Extrema (minima and maxima of the curves' y-coordinates) can be filter using the
Min. extrema difference
value. This value restricts the minimally allowed relative
y-difference of an extremum to its neighbored extrema. The difference is normalized by
the overall y-range of the curve. For filtering, the relative difference of all successive
extrema of different type (max/min) is computed. The smallest difference below the
threshold is identified and both extrema are removed from the list of available
landmarks. Removing both is needed to preserve the alternation of extrema of different
type. Furthermore, included inflection points are removed too. This procedure is
repeated until the smallest relative extrema difference is above the threshold. This
filter is very useful to remove extrema annotations due to low amplitude noise.
To remove all extrema from the landmark list, set the threshold to 1.
Inflection points are filtered based on their relative slope. Given the Min.
inflection height
value, all inflection points are removed from the available
landmark list that show a normalized absolute slope value smaller than the given
threshold. The normalization is done by the largest absolute slope value present
within a curve. To remove all inflection points from the landmark list, set the
threshold to 1.
Larger numbers of landmarks result in longer runtimes of MICA, since all landmarks are potential alignment coordinates. Thus, it is useful to tune the filtering parameters to gain (for most curves) a reasonably small selection of extrema and inflection points for the alignment.
The Alignment setup
section defines the parameterization of the MICA workflow.
The Distance function
defines what measure is to minimized by the alignment procedure.
All measures are applied to the given Sample number
of equidistance x-coordinates.
It is either possible to minimize the mean absolute difference of slope or y-coordinate
values. Slope value differences are insensitive to “y-shifts” of the curves.
Alignment constraints
are used to restrict the distortion of the curves when aligned.
The more rigid the constraints, the smaller are the effects of the alignment. Too relaxed
constraints, on the other hand, might yield too drastic warping and thus alignment artifacts.

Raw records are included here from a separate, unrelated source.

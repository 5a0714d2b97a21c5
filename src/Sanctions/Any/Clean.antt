-- ===== src/Sanctions/Any/Clean.antt =====
-- When several checkers together call an address clean.
use tx_firewall.Base.{
  err-ne-ok, true, false, List, [], ◌∷◌, ◌≡◌, sym, ap, ◌↔◌, ok, Result-cases, inl, inr,
}
use tx_firewall.Geth.{Address}
use tx_firewall.Sanctions.{Checker}
use tx_firewall.Sanctions.Any.{any_checker}

-- Each checker, asked in the state that the ones before it leave, answers that it is clean.
abbrev pub AllClean : {W : Type 0} → List (Checker W) → Address → W → W → Type 0
AllClean [] addr w w' = w' ≡ w
AllClean {W} (c ∷ cs) addr w w' = (w₁ : W) × (c addr w ≡ (ok false, w₁)) × AllClean cs addr w₁ w'

any_checker-AllClean :
    {W : Type 0} (cs : List (Checker W)) (addr : Address) (w w' : W)
    → any_checker cs addr w ≡ (ok false, w')
    → AllClean cs addr w w'
unfolding any_checker
any_checker-AllClean [] addr w w' h = sym (ap (λ x. x.1) h)
any_checker-AllClean (c ∷ cs) addr w w' h = elim (Result-cases (c addr w).0) [
  | inl (true, p) ↦ absurd (hit-ne-clean (ap (λ x. x.0) (rw p at h)))
  | inl (false, p) ↦
      ((c addr w).1, λ i. (p i, (c addr w).1), any_checker-AllClean cs addr _ w' (rw p at h))
  | inr (e, p) ↦ absurd (err-ne-ok (ap (λ x. x.0) (rw p at h)))
]
  where
    hit-ne-clean : ok true ≡ ok false → ⊥
    hit-ne-clean e = cc

AllClean-any_checker :
    {W : Type 0} (cs : List (Checker W)) (addr : Address) (w w' : W)
    → AllClean cs addr w w'
    → any_checker cs addr w ≡ (ok false, w')
unfolding any_checker
AllClean-any_checker [] addr w w' h = rw h
AllClean-any_checker (c ∷ cs) addr w w' (w₁, p, h) = rw p (AllClean-any_checker cs addr w₁ w' h)

-- Several checkers together answer that an address is clean exactly if each of them, asked in the
-- state that the ones before it leave, answers so: none is skipped, and an error is not clean.
pub any_checker-clean_iff :
    {W : Type 0} (cs : List (Checker W)) (addr : Address) (w w' : W)
    → (any_checker cs addr w ≡ (ok false, w')) ↔ AllClean cs addr w w'
any_checker-clean_iff cs addr w w' =
    (any_checker-AllClean cs addr w w', AllClean-any_checker cs addr w w')
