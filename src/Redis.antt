-- ===== src/Redis.antt =====
-- operator/rediscontroller and apis/exoscale/v1/redis_types.go: the data of a Redis instance, and the
-- SDK's types for it. `S` is the SDK's type for the settings of Redis.
pub mod Handlers
pub mod Webhook
pub mod Laws
use provider_exoscale.Prelude.{String, Bool, List, Option, none, some, ◌==◌, if◌then◌else◌}
use provider_exoscale.Json.{RawExtension}
use provider_exoscale.Api.{
  ServiceState, Condition, DBaaSParameters, NodeState, Notification, MaintenanceSpec,
}
use provider_exoscale.Mapper.Conversions.{ServiceNotification, ServiceMaintenance}
use provider_exoscale.Dbaas.{DbaasApi}

pub record RedisParameters : Type 0 where
  pub maintenance : MaintenanceSpec
  pub zone : String
  pub dbaas : DBaaSParameters
  pub redis_settings : RawExtension

pub record RedisObservation : Type 0 where
  pub version : String
  pub redis_settings : RawExtension
  pub node_states : List NodeState
  pub notifications : List Notification

-- The external name is the annotation of that name, "" if there is none.
pub record Redis : Type 0 where
  pub name : String
  pub external_name : String
  pub provider_config : Option String
  pub for_provider : RedisParameters
  pub conditions : List Condition
  pub at_provider : RedisObservation

-- GetProviderConfigName.
unfoldable pub get_provider_config_name : Redis → String
get_provider_config_name i = elim i.provider_config [ some ref ↦ ref | none ↦ "" ]

-- GetInstanceName.
unfoldable pub get_instance_name : Redis → String
get_instance_name i = if i.external_name == "" then i.name else i.external_name

-- exoscalesdk.DBAASServiceRedis.
pub record ServiceRedis (S : Type 0) : Type 0 where
  pub name : String
  pub state : ServiceState
  pub uri : String
  pub connection_info : Option (List String)
  pub node_states : List NodeState
  pub version : String
  pub termination_protection : Option Bool
  pub plan : String
  pub ip_filter : List String
  pub maintenance : Option ServiceMaintenance
  pub notifications : List ServiceNotification
  pub redis_settings : S

-- CreateDBAASServiceRedisRequest and UpdateDBAASServiceRedisRequest, as far as they are set.
pub record Request (S : Type 0) : Type 0 where
  pub maintenance : ServiceMaintenance
  pub termination_protection : Bool
  pub plan : String
  pub ip_filter : List String
  pub redis_settings : S

-- The client for Redis.
abbrev pub RedisApi : Type 0 → Type 0 → Type 0
RedisApi S W = DbaasApi (ServiceRedis S) (Request S) (Request S) S W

In the following, we will detail the constraint available within the GUI:
Min. rel. interval length
restricts the minimal length of an interval to be considered
for further decomposition. The value defines the minimal relative length, i.e. it has to
hold (length/curveLength) >= value
.Max. warping factor
constrains the maximally allowed length distortion of an interval,
i.e. it has to hold max{newLength/oldLength, oldLength/newLength} <= value
.Max. rel. x-shift
restricts how far an x-coordinate can be shifted, i.e. it has to hold
(abs(oldX-newX)/curveLength) <= value
.Finally, the Alignment type
defines whether a Progressive
alignment is to be done, i.e.
all curves are aligned to each other as best as possible, or if a Reference-based
alignment
is to be created. The latter requires the selection which curve is to be considered as
fixed reference, which is done via an according dialog after using the Start MICA
button.
Reference-based alignment fits all curves as best as possible to the given reference, while
the reference curve is not warped at all and considered fixed.
The Start MICA
button triggers the MICA computation for all curves and the given parameterization.
A status dialog with abort option is shown while the computation is running.
After completion, the computed alignment is depicted in the lower right part of the GUI.
It is accompanied with the final distance score and the computation time (upper information bar).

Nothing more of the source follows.